-- Opening Marker --
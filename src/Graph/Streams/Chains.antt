-- ===== src/Graph/Streams/Chains.antt =====
-- The stream of a compiled linear graph: `buildLinearPipeline` and `runLinearStream` of
-- v2/flow/graph/runnable.go, with the built-in concatenator of strings.
use llm_agent_flow.Base.{
  arith, nat_eq, String, Bool, ◌≡◌, refl, Option, none, some, List, [], ◌>>=◌, All, ok, >>=-eq-ok,
  subst, Bool-cases, inl, inr,
}
use llm_agent_flow.V2.Errors.{Run}
use llm_agent_flow.V2.Value.{Value}
use llm_agent_flow.Graph.Types.{GoType, Reflect}
use llm_agent_flow.Graph.Builder.{Graph}
use llm_agent_flow.Graph.Chain.{
  PipelineNode, linear_order, chain_nodes, check_folders, build_linear_pipeline,
}
use llm_agent_flow.Graph.Streams.{
  Source, Streams, close_stream, Concatenators, join_strings, is_found, lookup_concat,
}
use llm_agent_flow.Graph.Streams.Linear.{run_linear_stream}
use llm_agent_flow.Graph.Streams.Lookups.{AllClosed, Closes}
use llm_agent_flow.Graph.Streams.Releases.{Released, run_linear_stream-Released}

-- The concatenator of strings keeps the contract.
pub join_strings-Closes : Closes join_strings
unfolding join_strings close_stream
join_strings-Closes = record {
  opened = λ i s. refl;
  own = λ i s. elim (Bool-cases (nat_eq i i)) [ inl e ↦ rw e refl | inr e ↦ absurd (ground arith) ];
  others = λ i j s h. elim (Bool-cases (nat_eq i j)) [ inl e ↦ rw e refl | inr e ↦ rw e h ];
}

-- A pipeline that is built has passed the check of its concatenators.
build_linear_pipeline-checked :
    (has_folder : Option GoType → Bool) (g : Graph) (entry exit : String)
    (nodes : List PipelineNode)
    → build_linear_pipeline has_folder g entry exit ≡ ok (some nodes)
    → check_folders has_folder g.out_t nodes ≡ ok tt
unfolding build_linear_pipeline
build_linear_pipeline-checked has_folder g entry exit nodes = passed (linear_order g entry exit)
  where
    passed :
        (o : Option (List String))
        → elim o [
          | none ↦ ok none
          | some order ↦
              chain_nodes g.nodes order []
              >>= (λ built. check_folders has_folder g.out_t built >>= (λ _. ok (some built)))
        ]
          ≡ ok (some nodes)
        → check_folders has_folder g.out_t nodes ≡ ok tt
    passed none h = cc
    passed (some order) h =
        let (built, made, after) = >>=-eq-ok (chain_nodes g.nodes order []) _ h in
        let (u, good, returned) = >>=-eq-ok (check_folders has_folder g.out_t built) _ after in
        let same : built ≡ nodes = cc in
        subst (λ ns. check_folders has_folder g.out_t ns ≡ ok tt) same good

module _ (reflect : Reflect) (type_of : Value → Option GoType) (registry : Concatenators)
    (model_stream : String → Value → Run Source) (all : All (λ p. Closes p.1) registry) where
  -- The concatenators are the registered ones when the pipeline is built and when it runs, and each closes its
  -- stream. The pipeline of a graph runs on from streams that are closed. If the run fails, every stream that
  -- it opened is closed; if it gives a reader, every stream is closed after the reader's first call, Next or
  -- Close, and after all further ones.
  pub linear_stream-Released :
      (g : Graph) (entry exit : String) (nodes : List PipelineNode) (input : Value) (s : Streams)
      → build_linear_pipeline (λ t. is_found (lookup_concat reflect registry t)) g entry exit
        ≡ ok (some nodes)
      → AllClosed s
      → Released reflect type_of g.out_t
          (run_linear_stream reflect type_of registry model_stream g.out_t nodes input s)
  linear_stream-Released g entry exit nodes input s built closed =
      run_linear_stream-Released reflect type_of g.out_t registry model_stream all nodes input s
        (build_linear_pipeline-checked (λ t. is_found (lookup_concat reflect registry t)) g entry
          exit nodes built)
        closed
-- Closing Marker --
### Problem
Your task is to repeat every entry above exactly.

### Output for this exercise
filename src/Graph/Streams/Chains.antt
-- ===== src/Graph/Streams/Chains.antt =====
-- The stream of a compiled linear graph: `buildLinearPipeline` and `runLinearStream` of
-- v2/flow/graph/runnable.go, with the built-in concatenator of strings.
use llm_agent_flow.Base.{
  arith, nat_eq, String, Bool, ◌≡◌, refl, Option, none, some, List, [], ◌>>=◌, All, ok, >>=-eq-ok,
  subst, Bool-cases, inl, inr,
}
use llm_agent_flow.V2.Errors.{Run}
use llm_agent_flow.V2.Value.{Value}
use llm_agent_flow.Graph.Types.{GoType, Reflect}
use llm_agent_flow.Graph.Builder.{Graph}
use llm_agent_flow.Graph.Chain.{
  PipelineNode, linear_order, chain_nodes, check_folders, build_linear_pipeline,
}
use llm_agent_flow.Graph.Streams.{
  Source, Streams, close_stream, Concatenators, join_strings, is_found, lookup_concat,
}
use llm_agent_flow.Graph.Streams.Linear.{run_linear_stream}
use llm_agent_flow.Graph.Streams.Lookups.{AllClosed, Closes}
use llm_agent_flow.Graph.Streams.Releases.{Released, run_linear_stream-Released}

-- The concatenator of strings keeps the contract.
pub join_strings-Closes : Closes join_strings
unfolding join_strings close_stream
join_strings-Closes = record {
  opened = λ i s. refl;
  own = λ i s. elim (Bool-cases (nat_eq i i)) [ inl e ↦ rw e refl | inr e ↦ absurd (ground arith) ];
  others = λ i j s h. elim (Bool-cases (nat_eq i j)) [ inl e ↦ rw e refl | inr e ↦ rw e h ];
}

-- A pipeline that is built has passed the check of its concatenators.
build_linear_pipeline-checked :
    (has_folder : Option GoType → Bool) (g : Graph) (entry exit : String)
    (nodes : List PipelineNode)
    → build_linear_pipeline has_folder g entry exit ≡ ok (some nodes)
    → check_folders has_folder g.out_t nodes ≡ ok tt
unfolding build_linear_pipeline
build_linear_pipeline-checked has_folder g entry exit nodes = passed (linear_order g entry exit)
  where
    passed :
        (o : Option (List String))
        → elim o [
          | none ↦ ok none
          | some order ↦
              chain_nodes g.nodes order []
              >>= (λ built. check_folders has_folder g.out_t built >>= (λ _. ok (some built)))
        ]
          ≡ ok (some nodes)
        → check_folders has_folder g.out_t nodes ≡ ok tt
    passed none h = cc
    passed (some order) h =
        let (built, made, after) = >>=-eq-ok (chain_nodes g.nodes order []) _ h in
        let (u, good, returned) = >>=-eq-ok (check_folders has_folder g.out_t built) _ after in
        let same : built ≡ nodes = cc in
        subst (λ ns. check_folders has_folder g.out_t ns ≡ ok tt) same good

module _ (reflect : Reflect) (type_of : Value → Option GoType) (registry : Concatenators)
    (model_stream : String → Value → Run Source) (all : All (λ p. Closes p.1) registry) where
  -- The concatenators are the registered ones when the pipeline is built and when it runs, and each closes its
  -- stream. The pipeline of a graph runs on from streams that are closed. If the run fails, every stream that
  -- it opened is closed; if it gives a reader, every stream is closed after the reader's first call, Next or
  -- Close, and after all further ones.
  pub linear_stream-Released :
      (g : Graph) (entry exit : String) (nodes : List PipelineNode) (input : Value) (s : Streams)
      → build_linear_pipeline (λ t. is_found (lookup_concat reflect registry t)) g entry exit
        ≡ ok (some nodes)
      → AllClosed s
      → Released reflect type_of g.out_t
          (run_linear_stream reflect type_of registry model_stream g.out_t nodes input s)
  linear_stream-Released g entry exit nodes input s built closed =
      run_linear_stream-Released reflect type_of g.out_t registry model_stream all nodes input s
        (build_linear_pipeline-checked (λ t. is_found (lookup_concat reflect registry t)) g entry
          exit nodes built)
        closed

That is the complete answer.